**Instructions to follow**
Read through the lines below for the string "been" and copy each one that has it.

Collected data:
━━━━━━━━━━━━━━━━━━━━━━━━━━━━━━
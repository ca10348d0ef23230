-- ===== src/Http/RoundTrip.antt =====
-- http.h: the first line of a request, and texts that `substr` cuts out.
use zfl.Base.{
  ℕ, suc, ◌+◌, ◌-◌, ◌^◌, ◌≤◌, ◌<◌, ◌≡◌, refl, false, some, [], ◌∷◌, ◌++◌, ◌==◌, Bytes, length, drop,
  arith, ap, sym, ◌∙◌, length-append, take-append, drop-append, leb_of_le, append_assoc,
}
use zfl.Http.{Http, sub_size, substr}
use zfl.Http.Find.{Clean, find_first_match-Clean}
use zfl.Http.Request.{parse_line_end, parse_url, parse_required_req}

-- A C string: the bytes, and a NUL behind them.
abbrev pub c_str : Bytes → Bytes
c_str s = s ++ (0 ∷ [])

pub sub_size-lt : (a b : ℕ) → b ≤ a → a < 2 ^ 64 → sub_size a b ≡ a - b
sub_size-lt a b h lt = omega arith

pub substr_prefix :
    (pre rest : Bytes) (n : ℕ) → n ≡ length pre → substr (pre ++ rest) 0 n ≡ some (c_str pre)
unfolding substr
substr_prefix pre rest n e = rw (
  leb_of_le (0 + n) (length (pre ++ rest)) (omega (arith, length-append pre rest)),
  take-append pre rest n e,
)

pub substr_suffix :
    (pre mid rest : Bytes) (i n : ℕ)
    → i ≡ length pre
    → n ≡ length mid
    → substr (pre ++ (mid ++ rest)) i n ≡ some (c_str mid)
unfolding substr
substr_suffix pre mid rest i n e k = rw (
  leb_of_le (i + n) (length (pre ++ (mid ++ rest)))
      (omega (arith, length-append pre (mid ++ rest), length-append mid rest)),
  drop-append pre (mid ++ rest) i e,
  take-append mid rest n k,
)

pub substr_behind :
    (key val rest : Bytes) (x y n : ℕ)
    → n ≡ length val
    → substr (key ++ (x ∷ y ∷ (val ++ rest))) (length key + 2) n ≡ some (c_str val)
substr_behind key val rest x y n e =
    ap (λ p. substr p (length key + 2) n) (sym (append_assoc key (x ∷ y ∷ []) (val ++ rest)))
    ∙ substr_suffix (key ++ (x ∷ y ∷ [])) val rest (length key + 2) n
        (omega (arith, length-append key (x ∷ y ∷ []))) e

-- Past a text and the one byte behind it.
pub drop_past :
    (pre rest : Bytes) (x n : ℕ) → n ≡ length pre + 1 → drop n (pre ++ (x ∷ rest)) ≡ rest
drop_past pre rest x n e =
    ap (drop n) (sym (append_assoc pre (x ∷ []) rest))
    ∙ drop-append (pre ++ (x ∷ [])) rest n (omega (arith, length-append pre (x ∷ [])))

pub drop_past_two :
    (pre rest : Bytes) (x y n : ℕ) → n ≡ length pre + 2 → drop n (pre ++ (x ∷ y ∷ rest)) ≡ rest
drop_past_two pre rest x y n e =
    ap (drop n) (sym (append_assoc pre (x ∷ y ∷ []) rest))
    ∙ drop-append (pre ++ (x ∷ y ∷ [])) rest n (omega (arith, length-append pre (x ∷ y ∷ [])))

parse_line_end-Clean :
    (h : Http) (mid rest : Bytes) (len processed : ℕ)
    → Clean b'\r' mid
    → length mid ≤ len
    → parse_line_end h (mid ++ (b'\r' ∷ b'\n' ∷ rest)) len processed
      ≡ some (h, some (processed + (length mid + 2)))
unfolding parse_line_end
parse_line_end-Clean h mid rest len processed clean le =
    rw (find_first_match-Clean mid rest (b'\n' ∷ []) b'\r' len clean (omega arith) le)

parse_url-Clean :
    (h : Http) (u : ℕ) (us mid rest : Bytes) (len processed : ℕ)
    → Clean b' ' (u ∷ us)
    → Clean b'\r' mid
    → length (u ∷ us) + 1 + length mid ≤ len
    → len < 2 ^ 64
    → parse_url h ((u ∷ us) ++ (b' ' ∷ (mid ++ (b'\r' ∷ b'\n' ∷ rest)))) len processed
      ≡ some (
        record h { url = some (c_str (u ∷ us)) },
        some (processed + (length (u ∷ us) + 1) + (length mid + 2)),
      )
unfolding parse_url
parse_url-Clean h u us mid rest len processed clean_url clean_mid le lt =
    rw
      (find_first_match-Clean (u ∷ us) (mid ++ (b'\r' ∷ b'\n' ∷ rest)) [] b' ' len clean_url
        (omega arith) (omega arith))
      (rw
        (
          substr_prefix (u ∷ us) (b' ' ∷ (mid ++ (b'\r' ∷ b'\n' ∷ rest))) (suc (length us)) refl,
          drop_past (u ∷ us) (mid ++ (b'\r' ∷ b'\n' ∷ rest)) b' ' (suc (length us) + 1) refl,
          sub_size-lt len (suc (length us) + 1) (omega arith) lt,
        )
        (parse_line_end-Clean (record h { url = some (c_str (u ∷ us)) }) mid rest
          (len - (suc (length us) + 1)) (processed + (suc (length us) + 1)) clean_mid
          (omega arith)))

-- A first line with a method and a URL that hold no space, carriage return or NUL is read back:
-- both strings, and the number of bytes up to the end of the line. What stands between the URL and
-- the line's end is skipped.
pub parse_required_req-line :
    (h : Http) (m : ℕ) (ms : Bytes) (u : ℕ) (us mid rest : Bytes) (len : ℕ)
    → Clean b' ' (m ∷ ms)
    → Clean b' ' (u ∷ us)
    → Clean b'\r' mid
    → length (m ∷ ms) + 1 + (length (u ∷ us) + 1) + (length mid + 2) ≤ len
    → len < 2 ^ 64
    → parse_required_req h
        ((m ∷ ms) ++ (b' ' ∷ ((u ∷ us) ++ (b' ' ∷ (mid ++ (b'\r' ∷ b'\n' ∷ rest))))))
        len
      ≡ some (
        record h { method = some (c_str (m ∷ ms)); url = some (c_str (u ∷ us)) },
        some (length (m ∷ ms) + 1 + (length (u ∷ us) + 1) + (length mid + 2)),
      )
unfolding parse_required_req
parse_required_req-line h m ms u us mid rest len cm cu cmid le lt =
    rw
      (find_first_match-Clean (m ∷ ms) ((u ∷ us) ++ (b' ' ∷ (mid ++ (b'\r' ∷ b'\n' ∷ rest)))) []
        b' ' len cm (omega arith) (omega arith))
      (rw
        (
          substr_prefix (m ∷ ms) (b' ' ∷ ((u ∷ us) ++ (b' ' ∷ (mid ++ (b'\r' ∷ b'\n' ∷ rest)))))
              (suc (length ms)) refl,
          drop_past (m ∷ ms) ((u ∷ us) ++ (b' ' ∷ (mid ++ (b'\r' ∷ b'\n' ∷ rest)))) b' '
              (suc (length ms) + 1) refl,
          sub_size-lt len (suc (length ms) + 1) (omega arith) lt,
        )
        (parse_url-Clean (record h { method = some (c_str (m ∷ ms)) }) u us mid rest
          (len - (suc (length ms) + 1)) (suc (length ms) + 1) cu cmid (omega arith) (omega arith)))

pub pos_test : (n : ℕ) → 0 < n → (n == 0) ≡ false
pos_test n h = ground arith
━━━━━━━━━━━━━━━━━━━━━━━━━━━━━━
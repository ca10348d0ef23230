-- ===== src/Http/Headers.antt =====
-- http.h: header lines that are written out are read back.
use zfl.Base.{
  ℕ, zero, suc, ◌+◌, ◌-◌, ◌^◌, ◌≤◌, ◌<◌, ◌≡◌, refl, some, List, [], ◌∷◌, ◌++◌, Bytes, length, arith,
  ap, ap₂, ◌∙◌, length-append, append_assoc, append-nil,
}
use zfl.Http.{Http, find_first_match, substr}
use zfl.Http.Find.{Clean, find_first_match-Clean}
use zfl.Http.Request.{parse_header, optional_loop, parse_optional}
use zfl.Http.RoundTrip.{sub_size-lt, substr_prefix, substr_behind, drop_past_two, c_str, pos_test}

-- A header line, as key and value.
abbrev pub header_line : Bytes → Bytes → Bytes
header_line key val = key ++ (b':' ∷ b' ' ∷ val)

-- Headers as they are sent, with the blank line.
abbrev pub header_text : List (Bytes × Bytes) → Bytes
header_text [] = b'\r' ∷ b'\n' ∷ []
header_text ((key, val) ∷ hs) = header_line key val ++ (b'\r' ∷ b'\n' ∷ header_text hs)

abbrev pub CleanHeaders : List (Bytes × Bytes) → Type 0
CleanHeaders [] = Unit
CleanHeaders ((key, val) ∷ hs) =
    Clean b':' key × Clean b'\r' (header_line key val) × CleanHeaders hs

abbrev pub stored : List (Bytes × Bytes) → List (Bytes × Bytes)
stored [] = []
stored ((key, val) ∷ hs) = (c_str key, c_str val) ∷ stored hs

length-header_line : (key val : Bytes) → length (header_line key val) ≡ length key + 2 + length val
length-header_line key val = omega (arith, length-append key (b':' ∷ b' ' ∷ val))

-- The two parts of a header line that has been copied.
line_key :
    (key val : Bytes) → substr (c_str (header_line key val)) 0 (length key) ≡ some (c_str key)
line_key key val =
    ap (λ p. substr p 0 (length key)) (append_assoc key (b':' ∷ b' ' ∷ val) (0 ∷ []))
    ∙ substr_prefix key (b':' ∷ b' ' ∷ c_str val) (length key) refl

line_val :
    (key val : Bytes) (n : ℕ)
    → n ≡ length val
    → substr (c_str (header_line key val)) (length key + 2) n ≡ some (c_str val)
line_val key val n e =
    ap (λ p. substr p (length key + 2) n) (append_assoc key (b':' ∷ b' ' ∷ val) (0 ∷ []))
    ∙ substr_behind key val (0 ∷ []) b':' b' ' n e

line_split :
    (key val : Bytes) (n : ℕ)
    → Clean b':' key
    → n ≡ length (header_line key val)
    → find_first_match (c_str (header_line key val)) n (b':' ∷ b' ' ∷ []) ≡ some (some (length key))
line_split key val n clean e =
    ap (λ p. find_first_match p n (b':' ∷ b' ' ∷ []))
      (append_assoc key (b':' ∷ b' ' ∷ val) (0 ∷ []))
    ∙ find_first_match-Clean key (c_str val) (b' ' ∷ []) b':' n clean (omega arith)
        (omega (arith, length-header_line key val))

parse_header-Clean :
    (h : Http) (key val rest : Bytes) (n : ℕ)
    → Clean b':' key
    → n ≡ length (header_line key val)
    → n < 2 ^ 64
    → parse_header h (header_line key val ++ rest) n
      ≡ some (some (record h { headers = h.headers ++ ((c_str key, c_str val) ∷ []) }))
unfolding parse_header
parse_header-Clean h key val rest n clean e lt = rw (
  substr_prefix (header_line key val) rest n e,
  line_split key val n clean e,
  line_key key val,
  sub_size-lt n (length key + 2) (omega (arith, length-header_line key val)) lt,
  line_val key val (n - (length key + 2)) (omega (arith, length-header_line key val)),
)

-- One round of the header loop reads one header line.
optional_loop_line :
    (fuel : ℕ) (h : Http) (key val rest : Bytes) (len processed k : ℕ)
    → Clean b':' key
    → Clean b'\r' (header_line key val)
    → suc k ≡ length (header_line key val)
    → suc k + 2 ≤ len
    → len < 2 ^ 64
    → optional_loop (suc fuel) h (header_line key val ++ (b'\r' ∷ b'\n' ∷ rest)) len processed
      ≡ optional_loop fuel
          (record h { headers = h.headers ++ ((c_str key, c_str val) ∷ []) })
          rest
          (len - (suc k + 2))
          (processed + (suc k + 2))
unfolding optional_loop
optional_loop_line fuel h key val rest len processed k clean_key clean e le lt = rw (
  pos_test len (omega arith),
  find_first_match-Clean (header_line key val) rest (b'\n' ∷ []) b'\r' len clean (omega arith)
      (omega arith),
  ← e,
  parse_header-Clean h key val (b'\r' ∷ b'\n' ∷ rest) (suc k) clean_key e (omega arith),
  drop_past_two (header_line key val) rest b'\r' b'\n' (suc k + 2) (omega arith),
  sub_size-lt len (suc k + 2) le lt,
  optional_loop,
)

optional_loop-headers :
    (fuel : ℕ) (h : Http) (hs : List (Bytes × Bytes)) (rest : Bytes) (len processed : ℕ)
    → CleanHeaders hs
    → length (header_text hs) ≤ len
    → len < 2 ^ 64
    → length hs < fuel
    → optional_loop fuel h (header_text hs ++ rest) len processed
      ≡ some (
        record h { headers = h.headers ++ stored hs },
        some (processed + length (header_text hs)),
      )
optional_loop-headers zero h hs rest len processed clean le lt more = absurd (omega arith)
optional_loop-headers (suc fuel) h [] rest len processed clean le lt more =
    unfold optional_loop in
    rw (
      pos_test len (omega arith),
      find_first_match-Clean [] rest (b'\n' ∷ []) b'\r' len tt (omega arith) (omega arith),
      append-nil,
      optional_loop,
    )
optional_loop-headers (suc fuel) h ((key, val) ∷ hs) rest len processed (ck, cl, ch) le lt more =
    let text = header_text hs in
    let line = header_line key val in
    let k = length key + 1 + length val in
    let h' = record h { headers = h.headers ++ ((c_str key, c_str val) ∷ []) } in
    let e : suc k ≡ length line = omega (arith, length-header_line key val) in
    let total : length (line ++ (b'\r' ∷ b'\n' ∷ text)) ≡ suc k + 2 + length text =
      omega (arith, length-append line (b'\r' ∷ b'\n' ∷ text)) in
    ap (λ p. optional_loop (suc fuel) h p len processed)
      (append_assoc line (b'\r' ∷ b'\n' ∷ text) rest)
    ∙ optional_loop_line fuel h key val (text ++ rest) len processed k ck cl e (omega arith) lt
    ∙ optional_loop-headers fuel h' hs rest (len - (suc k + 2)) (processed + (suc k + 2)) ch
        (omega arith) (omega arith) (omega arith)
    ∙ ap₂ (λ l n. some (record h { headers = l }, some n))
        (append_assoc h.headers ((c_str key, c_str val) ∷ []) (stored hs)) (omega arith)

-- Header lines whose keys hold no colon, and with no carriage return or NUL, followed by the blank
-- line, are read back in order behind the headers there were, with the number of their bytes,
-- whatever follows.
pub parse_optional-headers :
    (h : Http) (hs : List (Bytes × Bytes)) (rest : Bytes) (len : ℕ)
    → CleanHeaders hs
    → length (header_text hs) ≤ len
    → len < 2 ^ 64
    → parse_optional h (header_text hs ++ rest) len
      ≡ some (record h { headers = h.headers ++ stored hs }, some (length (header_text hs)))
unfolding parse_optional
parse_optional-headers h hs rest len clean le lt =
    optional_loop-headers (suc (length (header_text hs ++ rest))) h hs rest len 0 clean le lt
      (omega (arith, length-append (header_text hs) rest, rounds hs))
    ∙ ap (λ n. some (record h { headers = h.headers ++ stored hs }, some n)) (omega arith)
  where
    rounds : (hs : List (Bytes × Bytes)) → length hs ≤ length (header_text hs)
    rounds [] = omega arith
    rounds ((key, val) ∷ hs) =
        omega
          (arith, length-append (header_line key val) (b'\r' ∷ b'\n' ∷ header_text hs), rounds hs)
━━━━━━━━━━━━━━━━━━━━━━━━━━━━━━
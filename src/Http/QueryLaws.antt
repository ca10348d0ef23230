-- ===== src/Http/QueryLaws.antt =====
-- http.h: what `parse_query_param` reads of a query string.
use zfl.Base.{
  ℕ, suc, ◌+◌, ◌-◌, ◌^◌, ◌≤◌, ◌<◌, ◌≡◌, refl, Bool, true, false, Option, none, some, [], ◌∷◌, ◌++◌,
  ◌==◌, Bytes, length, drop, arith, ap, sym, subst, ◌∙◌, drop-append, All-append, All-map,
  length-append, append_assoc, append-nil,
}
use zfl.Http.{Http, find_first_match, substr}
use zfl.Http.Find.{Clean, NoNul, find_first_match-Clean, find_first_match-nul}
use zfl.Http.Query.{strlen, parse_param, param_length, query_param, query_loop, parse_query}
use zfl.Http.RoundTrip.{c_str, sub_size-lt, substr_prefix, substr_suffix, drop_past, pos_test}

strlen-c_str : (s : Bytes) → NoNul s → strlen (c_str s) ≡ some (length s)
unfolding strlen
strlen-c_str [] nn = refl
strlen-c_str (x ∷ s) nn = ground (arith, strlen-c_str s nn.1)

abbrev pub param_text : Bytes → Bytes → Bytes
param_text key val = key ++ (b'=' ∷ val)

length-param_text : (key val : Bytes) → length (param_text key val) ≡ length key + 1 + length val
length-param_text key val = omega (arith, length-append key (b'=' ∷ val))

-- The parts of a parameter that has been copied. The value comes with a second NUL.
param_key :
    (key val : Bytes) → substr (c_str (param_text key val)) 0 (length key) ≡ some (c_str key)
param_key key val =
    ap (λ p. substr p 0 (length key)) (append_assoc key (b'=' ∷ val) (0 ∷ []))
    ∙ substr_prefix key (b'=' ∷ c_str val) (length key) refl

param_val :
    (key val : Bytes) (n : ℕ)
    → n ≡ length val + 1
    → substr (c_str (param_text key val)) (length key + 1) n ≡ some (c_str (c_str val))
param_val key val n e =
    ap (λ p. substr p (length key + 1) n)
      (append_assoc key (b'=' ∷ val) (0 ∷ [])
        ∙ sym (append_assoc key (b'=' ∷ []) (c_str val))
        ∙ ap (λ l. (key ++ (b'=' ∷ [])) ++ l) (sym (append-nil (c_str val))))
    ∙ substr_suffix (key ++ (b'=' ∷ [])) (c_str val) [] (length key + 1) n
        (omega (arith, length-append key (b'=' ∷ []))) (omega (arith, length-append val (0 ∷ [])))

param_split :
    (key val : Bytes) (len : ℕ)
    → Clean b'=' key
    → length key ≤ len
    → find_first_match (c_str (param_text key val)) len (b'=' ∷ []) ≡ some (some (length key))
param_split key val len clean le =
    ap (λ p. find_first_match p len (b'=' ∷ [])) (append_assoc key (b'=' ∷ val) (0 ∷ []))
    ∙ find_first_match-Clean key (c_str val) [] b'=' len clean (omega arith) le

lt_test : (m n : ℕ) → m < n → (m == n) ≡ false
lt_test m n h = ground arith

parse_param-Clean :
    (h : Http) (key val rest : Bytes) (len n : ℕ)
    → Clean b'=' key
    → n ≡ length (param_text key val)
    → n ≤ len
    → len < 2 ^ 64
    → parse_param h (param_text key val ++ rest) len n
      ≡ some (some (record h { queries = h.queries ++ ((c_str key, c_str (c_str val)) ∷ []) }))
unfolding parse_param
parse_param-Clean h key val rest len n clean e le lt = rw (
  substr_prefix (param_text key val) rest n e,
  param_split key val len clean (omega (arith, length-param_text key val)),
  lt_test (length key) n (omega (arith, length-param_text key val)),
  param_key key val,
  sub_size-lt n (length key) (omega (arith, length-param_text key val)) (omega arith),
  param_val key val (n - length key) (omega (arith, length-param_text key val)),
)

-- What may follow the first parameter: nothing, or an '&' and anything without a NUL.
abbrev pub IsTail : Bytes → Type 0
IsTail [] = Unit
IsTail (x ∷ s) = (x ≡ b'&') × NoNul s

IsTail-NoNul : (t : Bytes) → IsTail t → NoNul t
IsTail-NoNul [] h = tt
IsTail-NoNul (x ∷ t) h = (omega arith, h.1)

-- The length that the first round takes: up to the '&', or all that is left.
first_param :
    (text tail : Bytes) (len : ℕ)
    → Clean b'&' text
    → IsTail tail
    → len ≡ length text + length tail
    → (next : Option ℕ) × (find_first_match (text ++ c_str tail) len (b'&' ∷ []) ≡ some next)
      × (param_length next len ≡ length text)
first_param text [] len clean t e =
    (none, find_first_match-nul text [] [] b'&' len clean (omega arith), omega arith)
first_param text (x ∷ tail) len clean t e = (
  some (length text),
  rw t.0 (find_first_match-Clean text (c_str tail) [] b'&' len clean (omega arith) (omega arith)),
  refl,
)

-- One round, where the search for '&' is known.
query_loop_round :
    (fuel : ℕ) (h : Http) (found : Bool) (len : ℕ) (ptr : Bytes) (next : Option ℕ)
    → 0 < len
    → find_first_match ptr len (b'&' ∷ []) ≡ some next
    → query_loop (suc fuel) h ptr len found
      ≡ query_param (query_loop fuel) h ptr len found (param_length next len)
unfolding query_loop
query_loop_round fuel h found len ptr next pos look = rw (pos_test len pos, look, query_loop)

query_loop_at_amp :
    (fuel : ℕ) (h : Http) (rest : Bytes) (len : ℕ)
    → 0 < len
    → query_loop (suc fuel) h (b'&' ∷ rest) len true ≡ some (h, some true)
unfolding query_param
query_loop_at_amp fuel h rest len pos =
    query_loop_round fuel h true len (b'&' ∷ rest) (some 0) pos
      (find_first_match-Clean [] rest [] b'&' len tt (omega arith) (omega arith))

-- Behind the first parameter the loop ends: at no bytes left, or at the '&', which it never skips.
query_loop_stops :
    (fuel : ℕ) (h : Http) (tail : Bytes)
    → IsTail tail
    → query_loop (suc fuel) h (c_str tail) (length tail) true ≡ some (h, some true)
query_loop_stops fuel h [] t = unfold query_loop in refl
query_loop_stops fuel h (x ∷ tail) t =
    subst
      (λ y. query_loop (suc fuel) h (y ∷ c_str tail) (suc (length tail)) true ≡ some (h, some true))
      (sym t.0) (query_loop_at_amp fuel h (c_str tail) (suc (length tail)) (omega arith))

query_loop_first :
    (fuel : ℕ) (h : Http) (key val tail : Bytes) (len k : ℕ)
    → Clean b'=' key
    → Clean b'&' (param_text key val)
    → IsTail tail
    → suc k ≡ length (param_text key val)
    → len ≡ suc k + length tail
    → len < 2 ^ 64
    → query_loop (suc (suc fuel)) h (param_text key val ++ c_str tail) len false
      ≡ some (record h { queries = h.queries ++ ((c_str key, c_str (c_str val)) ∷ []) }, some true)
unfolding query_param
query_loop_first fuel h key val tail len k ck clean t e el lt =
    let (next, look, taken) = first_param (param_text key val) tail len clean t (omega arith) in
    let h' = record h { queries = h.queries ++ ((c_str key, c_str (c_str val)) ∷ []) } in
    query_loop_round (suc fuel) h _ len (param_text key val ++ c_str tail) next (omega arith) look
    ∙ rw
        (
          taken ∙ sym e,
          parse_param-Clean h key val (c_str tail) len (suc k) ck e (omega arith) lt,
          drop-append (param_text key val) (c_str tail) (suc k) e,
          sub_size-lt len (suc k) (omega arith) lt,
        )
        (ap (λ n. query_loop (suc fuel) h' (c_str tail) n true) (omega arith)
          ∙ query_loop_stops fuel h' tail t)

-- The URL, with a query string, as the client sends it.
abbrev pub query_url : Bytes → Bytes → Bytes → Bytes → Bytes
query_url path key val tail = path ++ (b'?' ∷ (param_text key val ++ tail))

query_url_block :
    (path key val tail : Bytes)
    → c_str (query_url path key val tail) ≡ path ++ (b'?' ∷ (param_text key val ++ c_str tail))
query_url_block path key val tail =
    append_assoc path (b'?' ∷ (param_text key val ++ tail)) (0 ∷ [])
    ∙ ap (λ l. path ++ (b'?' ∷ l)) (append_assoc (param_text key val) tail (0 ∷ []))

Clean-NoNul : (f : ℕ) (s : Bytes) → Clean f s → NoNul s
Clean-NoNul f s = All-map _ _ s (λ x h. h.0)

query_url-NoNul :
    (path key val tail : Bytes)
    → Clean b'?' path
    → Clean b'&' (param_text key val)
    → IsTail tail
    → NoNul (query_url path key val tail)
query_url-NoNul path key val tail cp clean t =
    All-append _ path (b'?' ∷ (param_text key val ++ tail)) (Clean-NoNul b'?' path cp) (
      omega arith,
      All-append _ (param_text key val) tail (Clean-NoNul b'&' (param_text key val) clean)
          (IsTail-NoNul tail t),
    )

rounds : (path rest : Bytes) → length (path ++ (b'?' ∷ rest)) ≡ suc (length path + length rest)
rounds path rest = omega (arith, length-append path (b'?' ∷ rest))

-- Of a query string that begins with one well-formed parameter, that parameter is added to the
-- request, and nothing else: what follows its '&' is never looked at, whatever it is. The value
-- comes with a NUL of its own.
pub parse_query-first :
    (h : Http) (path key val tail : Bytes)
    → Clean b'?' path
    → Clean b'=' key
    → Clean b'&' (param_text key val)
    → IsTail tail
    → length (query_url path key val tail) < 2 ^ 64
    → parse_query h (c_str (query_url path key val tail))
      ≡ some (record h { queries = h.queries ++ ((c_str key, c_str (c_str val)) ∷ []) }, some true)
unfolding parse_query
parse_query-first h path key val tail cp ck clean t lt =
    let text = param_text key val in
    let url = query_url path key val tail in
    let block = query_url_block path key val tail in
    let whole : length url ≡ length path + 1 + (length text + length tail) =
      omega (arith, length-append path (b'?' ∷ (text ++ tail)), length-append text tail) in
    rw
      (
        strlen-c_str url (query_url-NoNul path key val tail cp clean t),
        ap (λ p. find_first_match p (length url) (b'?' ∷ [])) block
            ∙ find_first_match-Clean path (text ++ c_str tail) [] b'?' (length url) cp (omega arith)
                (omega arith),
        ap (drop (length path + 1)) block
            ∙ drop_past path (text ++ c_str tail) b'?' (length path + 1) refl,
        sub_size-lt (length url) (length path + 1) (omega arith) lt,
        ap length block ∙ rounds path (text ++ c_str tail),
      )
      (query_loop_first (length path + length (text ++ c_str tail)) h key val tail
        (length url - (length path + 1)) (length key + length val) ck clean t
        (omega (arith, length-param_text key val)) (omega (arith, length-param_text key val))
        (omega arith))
━━━━━━━━━━━━━━━━━━━━━━━━━━━━━━
**Your response**
-- The two parts of a header line that has been copied.
-- The parts of a parameter that has been copied. The value comes with a second NUL.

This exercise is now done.